Of the entries below, return exactly those lines that fall between the one containing "in range(i, i" and the one containing "else if ltb (length pool) count", the two end lines included.

Records from a collection
»»
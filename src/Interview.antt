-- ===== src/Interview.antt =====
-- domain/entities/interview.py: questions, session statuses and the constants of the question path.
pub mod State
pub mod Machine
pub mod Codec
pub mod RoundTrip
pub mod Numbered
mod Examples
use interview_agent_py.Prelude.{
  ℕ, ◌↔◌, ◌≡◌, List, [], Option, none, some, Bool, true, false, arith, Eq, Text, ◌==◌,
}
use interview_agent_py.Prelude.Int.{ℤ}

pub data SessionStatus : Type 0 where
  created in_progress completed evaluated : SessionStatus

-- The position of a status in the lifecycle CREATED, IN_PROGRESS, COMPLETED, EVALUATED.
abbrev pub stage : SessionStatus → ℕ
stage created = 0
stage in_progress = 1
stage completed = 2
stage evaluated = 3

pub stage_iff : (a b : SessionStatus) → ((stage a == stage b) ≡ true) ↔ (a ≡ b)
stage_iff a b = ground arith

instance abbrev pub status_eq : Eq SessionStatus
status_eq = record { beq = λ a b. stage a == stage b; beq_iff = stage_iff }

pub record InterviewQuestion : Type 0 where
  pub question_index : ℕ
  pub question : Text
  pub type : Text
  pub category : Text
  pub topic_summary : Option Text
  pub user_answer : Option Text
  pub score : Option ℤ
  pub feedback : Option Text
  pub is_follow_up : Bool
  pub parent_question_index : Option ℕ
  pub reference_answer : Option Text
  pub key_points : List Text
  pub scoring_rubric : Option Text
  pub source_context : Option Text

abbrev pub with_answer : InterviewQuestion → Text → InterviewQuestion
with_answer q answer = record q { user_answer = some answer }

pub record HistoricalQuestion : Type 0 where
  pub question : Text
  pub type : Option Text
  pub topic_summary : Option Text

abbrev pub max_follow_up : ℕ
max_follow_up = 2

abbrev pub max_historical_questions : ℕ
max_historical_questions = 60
««
»»
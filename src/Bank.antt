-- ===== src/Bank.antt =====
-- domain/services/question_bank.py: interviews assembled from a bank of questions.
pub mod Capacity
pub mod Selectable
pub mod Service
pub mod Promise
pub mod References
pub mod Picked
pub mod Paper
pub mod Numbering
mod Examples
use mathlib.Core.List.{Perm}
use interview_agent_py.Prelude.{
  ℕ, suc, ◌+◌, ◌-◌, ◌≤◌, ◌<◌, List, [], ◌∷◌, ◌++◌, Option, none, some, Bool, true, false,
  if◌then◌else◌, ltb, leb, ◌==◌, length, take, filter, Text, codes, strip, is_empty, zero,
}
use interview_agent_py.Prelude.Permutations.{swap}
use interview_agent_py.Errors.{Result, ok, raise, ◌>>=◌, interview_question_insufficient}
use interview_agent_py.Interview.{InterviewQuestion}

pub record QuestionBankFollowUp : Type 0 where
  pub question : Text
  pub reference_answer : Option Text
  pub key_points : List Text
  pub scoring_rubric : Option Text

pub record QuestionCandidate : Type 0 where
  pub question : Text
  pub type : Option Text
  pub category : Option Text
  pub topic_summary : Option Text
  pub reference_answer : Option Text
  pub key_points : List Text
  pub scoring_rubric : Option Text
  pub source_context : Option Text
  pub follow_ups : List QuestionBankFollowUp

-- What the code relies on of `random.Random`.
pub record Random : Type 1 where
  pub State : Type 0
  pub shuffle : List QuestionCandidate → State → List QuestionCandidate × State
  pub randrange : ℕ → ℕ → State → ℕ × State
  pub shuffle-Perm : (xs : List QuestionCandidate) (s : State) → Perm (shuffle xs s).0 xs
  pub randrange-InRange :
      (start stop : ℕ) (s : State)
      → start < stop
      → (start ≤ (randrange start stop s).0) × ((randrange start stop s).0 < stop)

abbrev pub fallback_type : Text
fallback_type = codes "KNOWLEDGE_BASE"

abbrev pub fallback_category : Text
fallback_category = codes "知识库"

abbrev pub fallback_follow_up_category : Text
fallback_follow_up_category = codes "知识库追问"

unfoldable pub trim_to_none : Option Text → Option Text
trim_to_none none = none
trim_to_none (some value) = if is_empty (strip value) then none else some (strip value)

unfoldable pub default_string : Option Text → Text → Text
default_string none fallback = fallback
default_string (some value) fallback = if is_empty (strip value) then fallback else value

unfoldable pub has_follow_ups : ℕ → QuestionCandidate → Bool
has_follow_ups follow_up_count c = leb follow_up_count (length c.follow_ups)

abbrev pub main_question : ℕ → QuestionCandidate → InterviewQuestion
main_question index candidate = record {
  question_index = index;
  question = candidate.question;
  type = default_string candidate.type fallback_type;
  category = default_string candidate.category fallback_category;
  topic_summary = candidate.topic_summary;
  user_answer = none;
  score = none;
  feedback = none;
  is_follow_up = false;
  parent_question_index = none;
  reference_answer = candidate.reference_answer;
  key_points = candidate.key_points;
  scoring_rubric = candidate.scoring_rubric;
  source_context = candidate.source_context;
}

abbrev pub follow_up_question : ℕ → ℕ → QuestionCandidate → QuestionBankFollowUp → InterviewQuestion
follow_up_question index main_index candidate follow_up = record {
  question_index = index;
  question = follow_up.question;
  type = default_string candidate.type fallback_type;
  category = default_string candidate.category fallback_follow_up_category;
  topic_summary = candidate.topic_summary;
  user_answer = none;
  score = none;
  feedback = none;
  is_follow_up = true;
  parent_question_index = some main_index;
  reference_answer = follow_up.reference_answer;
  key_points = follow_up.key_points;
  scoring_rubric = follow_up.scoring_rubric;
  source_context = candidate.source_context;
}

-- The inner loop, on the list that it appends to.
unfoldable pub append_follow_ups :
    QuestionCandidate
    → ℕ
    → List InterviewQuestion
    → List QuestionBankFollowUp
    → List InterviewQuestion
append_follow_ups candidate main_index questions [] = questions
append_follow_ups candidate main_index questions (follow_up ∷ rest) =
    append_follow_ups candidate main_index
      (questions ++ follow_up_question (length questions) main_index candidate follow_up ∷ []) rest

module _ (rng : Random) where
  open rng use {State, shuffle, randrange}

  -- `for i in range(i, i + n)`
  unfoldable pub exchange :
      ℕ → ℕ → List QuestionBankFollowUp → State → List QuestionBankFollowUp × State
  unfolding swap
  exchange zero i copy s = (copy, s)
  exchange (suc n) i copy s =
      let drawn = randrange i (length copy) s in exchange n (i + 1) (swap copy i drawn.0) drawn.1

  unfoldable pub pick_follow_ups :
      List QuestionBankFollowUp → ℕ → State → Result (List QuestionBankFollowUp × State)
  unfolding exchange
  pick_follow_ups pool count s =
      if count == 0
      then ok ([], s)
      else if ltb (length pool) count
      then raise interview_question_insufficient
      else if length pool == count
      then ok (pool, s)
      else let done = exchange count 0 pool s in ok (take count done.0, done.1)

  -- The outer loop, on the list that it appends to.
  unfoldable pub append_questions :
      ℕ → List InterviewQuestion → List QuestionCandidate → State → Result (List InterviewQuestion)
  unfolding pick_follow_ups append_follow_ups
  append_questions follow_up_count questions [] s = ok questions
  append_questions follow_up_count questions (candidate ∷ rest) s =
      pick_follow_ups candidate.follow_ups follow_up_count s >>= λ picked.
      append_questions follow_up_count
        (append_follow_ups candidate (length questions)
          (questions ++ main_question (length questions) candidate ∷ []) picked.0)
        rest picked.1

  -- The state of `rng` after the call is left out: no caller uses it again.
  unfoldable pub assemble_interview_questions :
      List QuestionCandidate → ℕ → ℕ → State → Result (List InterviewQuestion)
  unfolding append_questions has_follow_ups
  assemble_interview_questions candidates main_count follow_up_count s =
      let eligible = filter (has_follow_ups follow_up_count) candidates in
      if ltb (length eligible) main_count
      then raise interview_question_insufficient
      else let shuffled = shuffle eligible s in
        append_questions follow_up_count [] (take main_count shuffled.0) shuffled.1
««
»»
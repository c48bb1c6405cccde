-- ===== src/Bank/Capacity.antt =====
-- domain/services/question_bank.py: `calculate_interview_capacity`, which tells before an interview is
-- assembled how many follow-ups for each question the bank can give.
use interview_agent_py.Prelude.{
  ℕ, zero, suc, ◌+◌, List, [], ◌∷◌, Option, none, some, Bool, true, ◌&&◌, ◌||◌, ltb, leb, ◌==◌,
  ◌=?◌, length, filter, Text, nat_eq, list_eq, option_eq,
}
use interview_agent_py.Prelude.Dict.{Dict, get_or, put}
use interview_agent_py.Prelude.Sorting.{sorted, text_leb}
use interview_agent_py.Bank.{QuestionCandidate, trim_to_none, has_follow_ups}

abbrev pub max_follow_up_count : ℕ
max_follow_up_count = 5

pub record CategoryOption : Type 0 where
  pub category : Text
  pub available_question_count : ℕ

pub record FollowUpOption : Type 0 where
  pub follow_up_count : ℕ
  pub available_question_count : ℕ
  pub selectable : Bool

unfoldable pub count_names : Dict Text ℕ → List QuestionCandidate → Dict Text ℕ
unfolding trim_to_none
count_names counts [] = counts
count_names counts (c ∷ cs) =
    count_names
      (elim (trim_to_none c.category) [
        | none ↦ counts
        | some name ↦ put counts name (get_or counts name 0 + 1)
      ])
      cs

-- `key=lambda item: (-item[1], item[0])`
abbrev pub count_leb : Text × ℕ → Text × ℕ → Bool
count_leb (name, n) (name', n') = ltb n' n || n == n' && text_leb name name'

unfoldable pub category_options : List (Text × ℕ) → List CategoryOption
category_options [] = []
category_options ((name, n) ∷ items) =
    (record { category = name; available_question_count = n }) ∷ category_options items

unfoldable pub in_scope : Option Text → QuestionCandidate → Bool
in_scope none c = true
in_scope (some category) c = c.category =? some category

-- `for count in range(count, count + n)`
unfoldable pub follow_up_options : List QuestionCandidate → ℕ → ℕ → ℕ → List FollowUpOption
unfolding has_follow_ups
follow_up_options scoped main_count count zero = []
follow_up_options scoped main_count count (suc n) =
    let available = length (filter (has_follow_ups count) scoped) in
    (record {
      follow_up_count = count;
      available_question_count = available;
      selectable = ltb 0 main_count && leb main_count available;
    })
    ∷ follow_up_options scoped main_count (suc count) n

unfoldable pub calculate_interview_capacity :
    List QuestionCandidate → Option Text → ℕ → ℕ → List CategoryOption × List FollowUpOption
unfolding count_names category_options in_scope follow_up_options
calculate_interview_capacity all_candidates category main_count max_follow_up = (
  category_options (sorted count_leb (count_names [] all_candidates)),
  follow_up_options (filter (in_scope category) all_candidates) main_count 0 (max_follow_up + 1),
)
««
Answer section.
  -- `for i in range(i, i + n)`
  unfoldable pub exchange :
      ℕ → ℕ → List QuestionBankFollowUp → State → List QuestionBankFollowUp × State
  unfolding swap
  exchange zero i copy s = (copy, s)
  exchange (suc n) i copy s =
      let drawn = randrange i (length copy) s in exchange n (i + 1) (swap copy i drawn.0) drawn.1

  unfoldable pub pick_follow_ups :
      List QuestionBankFollowUp → ℕ → State → Result (List QuestionBankFollowUp × State)
  unfolding exchange
  pick_follow_ups pool count s =
      if count == 0
      then ok ([], s)
      else if ltb (length pool) count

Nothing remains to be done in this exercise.